Удивительный перелом происходит в борьбе с нелегальной продукцией: китайские сервисы, развивающие интернет-торговлю, наиболее агрессивно борются с фейком на своих площадках.
— Почему это происходит?
— Я думаю, что такие крупные китайские площадки e-commerce, как, например, Alibaba, поняли, что стали главными жертвами подделок. Один фейк может создать большую проблему для всей платформы. Речь идет в том числе и о репутационных рисках.
— Louis Vuitton совместно с Google запустил линейку Smart Watch, которые оказались дороже аналога других производителей. В чем смысл такой стратегии?

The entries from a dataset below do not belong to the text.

-- ===== src/Bitmap/Laws.antt =====
-- bitmap_isset, bitmap_mark and bitmap_unmark: what they do to each bit of a well-formed map.
use klee_testfs.Common.{
  ℕ, zero, suc, ◌+◌, ◌*◌, ◌/◌, ◌%◌, ◌^◌, ◌≤◌, ◌<◌, ◌≡◌, refl, ap, ◌∙◌, true, false, none, some, [],
  ◌∷◌, arith, ◌==◌, ==_refl, if◌then◌else◌, get_or, set, length, length-set, get_or-set_self,
  get_or-set_ne, set-get_or, set-set, lt→ltb, ◌⊎◌,
}
use klee_testfs.Bytes.{Bytes, IsBytes}
use klee_testfs.Bytes.Laws.{IsBytes-set}
use klee_testfs.Bitmap.{Bitmap, set_bit, clear_bit, isset, mark, unmark}
use klee_testfs.Bitmap.Bits.{
  set_bit-lt, clear_bit-lt, has_bit-set_bit, has_bit-clear_bit, clear_bit-set_bit,
}

-- What bitmap_create establishes: one byte for eight bits, the bits past the end in use.
pub record IsValid (b : Bitmap) : Type 0 where
  pub words : length b.v ≡ (b.nbits + 7) / 8
  pub small : b.nbits + 7 < 2 ^ 32
  pub bytes : IsBytes b.v
  pub leftover : (i : ℕ) → b.nbits ≤ i → i < 8 * length b.v → isset b i ≡ true

pub get_or-lt : (v : Bytes) (i : ℕ) → IsBytes v → get_or v i 0 < 256
get_or-lt [] i h = omega arith
get_or-lt (x ∷ v) zero h = h.0
get_or-lt (x ∷ v) (suc i) h = get_or-lt v i h.1

-- A byte of the vector replaced.
abbrev pub put_byte : Bitmap → ℕ → ℕ → Bitmap
put_byte b ix w = record b { v = set b.v ix w }

pub get_or-set :
    (v : Bytes) (i j w : ℕ)
    → i < length v
    → get_or (set v i w) j 0 ≡ (if i == j then w else get_or v j 0)
get_or-set v i j w h = ground (arith, get_or-set_self v i w 0 h, get_or-set_ne v i j w 0)

module _ (b : Bitmap) (bytes : IsBytes b.v) (i : ℕ) (inside : i / 8 < length b.v) where
  old_lt : get_or b.v (i / 8) 0 < 256
  old_lt = get_or-lt b.v (i / 8) bytes

  pub isset-set_bit :
      (j : ℕ)
      → isset (put_byte b (i / 8) (set_bit (get_or b.v (i / 8) 0) (i % 8))) j
        ≡ (if i == j then true else isset b j)
  unfolding isset
  isset-set_bit j = ground (
    arith,
    get_or-set b.v (i / 8) (j / 8) (set_bit (get_or b.v (i / 8) 0) (i % 8)) inside,
    has_bit-set_bit (get_or b.v (i / 8) 0) (i % 8) (j % 8) old_lt,
  )

  pub isset-clear_bit :
      (j : ℕ)
      → isset (put_byte b (i / 8) (clear_bit (get_or b.v (i / 8) 0) (i % 8))) j
        ≡ (if i == j then false else isset b j)
  unfolding isset
  isset-clear_bit j = ground (
    arith,
    get_or-set b.v (i / 8) (j / 8) (clear_bit (get_or b.v (i / 8) 0) (i % 8)) inside,
    has_bit-clear_bit (get_or b.v (i / 8) 0) (i % 8) (j % 8) old_lt,
  )

-- The maps that mark and unmark leave.
abbrev pub marked : Bitmap → ℕ → Bitmap
marked b i = put_byte b (i / 8) (set_bit (get_or b.v (i / 8) 0) (i % 8))

abbrev pub unmarked : Bitmap → ℕ → Bitmap
unmarked b i = put_byte b (i / 8) (clear_bit (get_or b.v (i / 8) 0) (i % 8))

module _ {b : Bitmap} (valid : IsValid b) (i : ℕ) (inside : i < b.nbits) where
  pub index_inside : i / 8 < length b.v
  index_inside = omega (arith, valid.words)

  pub marked-IsValid : IsValid (marked b i)
  marked-IsValid = record {
    words = length-set b.v (i / 8) _ ∙ valid.words;
    small = valid.small;
    bytes =
        IsBytes-set b.v (i / 8) _ valid.bytes
          (set_bit-lt _ (i % 8) (get_or-lt b.v (i / 8) valid.bytes) (omega arith));
    leftover = λ j lo hi. ground (
      arith,
      isset-set_bit b valid.bytes i index_inside j,
      length-set b.v (i / 8) (set_bit (get_or b.v (i / 8) 0) (i % 8)),
      valid.leftover j lo,
    );
  }

  pub unmarked-IsValid : IsValid (unmarked b i)
  unmarked-IsValid = record {
    words = length-set b.v (i / 8) _ ∙ valid.words;
    small = valid.small;
    bytes =
        IsBytes-set b.v (i / 8) _ valid.bytes
          (clear_bit-lt _ (i % 8) (get_or-lt b.v (i / 8) valid.bytes) (omega arith));
    leftover = λ j lo hi. ground (
      arith,
      isset-clear_bit b valid.bytes i index_inside j,
      length-set b.v (i / 8) (clear_bit (get_or b.v (i / 8) 0) (i % 8)),
      valid.leftover j lo,
    );
  }

  pub mark-eq : isset b i ≡ false → mark b i ≡ some (marked b i)
  unfolding mark
  mark-eq clear = rw (lt→ltb i b.nbits inside, clear)

  pub unmark-eq : isset b i ≡ true → unmark b i ≡ some (unmarked b i)
  unfolding unmark
  unmark-eq used = rw (lt→ltb i b.nbits inside, used)

  -- bitmap_mark of a clear bit within the map passes its assertions, keeps the map well formed,
  -- sets that bit and leaves its size and every other bit as they were.
  pub mark_lem :
      isset b i ≡ false
      → (b' : Bitmap) × (mark b i ≡ some b')
        × (b'.nbits ≡ b.nbits)
        × IsValid b'
        × ((j : ℕ) → isset b' j ≡ (if i == j then true else isset b j))
  mark_lem clear =
      (marked b i, mark-eq clear, refl, marked-IsValid, isset-set_bit b valid.bytes i index_inside)

  -- bitmap_unmark of a set bit within the map passes its assertions, keeps the map well formed,
  -- clears that bit and leaves its size and every other bit as they were.
  pub unmark_lem :
      isset b i ≡ true
      → (b' : Bitmap) × (unmark b i ≡ some b')
        × (b'.nbits ≡ b.nbits)
        × IsValid b'
        × ((j : ℕ) → isset b' j ≡ (if i == j then false else isset b j))
  unmark_lem used = (
    unmarked b i,
    unmark-eq used,
    refl,
    unmarked-IsValid,
    isset-clear_bit b valid.bytes i index_inside,
  )

  pub unmarked-marked : isset b i ≡ false → unmarked (marked b i) i ≡ b
  unfolding isset
  unmarked-marked clear =
      ap (λ v. record b { v = v })
        (set-set b.v (i / 8) _ _
          ∙ rw
              (
                get_or-set_self b.v (i / 8) (set_bit (get_or b.v (i / 8) 0) (i % 8)) 0 index_inside,
                clear_bit-set_bit _ (i % 8) (get_or-lt b.v (i / 8) valid.bytes) (omega arith) clear,
              )
              (set-get_or b.v (i / 8) 0))

  -- Allocating a bit and giving it back restores the whole map: bitmap_unmark undoes bitmap_mark
  -- of any clear bit within a well-formed map.
  pub unmark-mark :
      isset b i ≡ false → (b' : Bitmap) × (mark b i ≡ some b') × (unmark b' i ≡ some b)
  unfolding unmark
  unmark-mark clear = (
    marked b i,
    mark-eq clear,
    rw (lt→ltb i b.nbits inside, isset-set_bit b valid.bytes i index_inside i, ==_refl i)
        (ap some (unmarked-marked clear)),
  )

-- The assertions of both: outside the map, or on a bit that has the value already, they fail.
pub mark-unmark-refuse :
    (b : Bitmap) (i : ℕ)
    → ((b.nbits ≤ i ⊎ (isset b i ≡ true)) → mark b i ≡ none)
      × ((b.nbits ≤ i ⊎ (isset b i ≡ false)) → unmark b i ≡ none)
unfolding mark unmark
mark-unmark-refuse b i = (λ h. ground arith, λ h. ground arith)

— Дизайн и красота стоят дорого.
— Безусловно. Но покупателю важно соотношение цены и качества.
— Дело ведь не только в технологии. Наши часы — это еще и про красоту. Я уверен, что каждый позитивно реагирует на красоту. Этим и объясняется спрос на этот продукт.
Майкл Берк
Личное дело
Родился 20 февраля 1957 года во Франции. В 1980 году окончил французскую бизнес-школу EDHEC. Занимался инвестициями Arnault Family Group в США. С 1985 года работал в Christian Dior, возглавлял подразделение дома моды в США. В 1992–1997 годах руководил североамериканским отделением Louis Vuitton. В 1997 году был назначен генеральным директором Christian Dior Couture, а в 2003 году — председателем правления и гендиректором дома Fendi. В феврале 2012 года возглавил компанию Bvlgari. В декабре 2012 года назначен председателем правления и генеральным директором Louis Vuitton. Является членом исполнительного комитета конгломерата LVMH, в который входят все вышеперечисленные компании. В июне 2016 года был избран членом правления Французской федерации высокой моды.
Louis Vuitton
Company profile
Дом моды основан в 1854 году во Франции мастером Луи Виттоном и с тех пор специализируется на изготовлении чемоданов и саквояжей класса люкс. Господин Виттон считается изобретателем чемодана, который заменил использовавшиеся до этого дорожные сундуки. В 1892 году компания перешла его сыну, а позже — внуку. В 1987 году торговый дом стал частью конгломерата LVMH, образованного в результате слияния Louis Vuitton и Moеt Hennessy. В 1998 году Louis Vuitton запустила производство модной одежды, обуви, аксессуаров, а также ювелирную линию. Основным акционером LVMH является Arnault Family Group с долей 46,8%. По данным на май 2018 года, Forbes оценивает бренд Louis Vuitton в $33,6 млрд. Выручка LVMH за 2017 год составила €42,6 млрд. Штаб-квартира находится в Париже. Более 460 магазинов Louis Vuitton работают в 65 странах. В России расположены шесть магазинов LV: три в Москве и по одному в Санкт-Петербурге, Екатеринбурге и Сочи.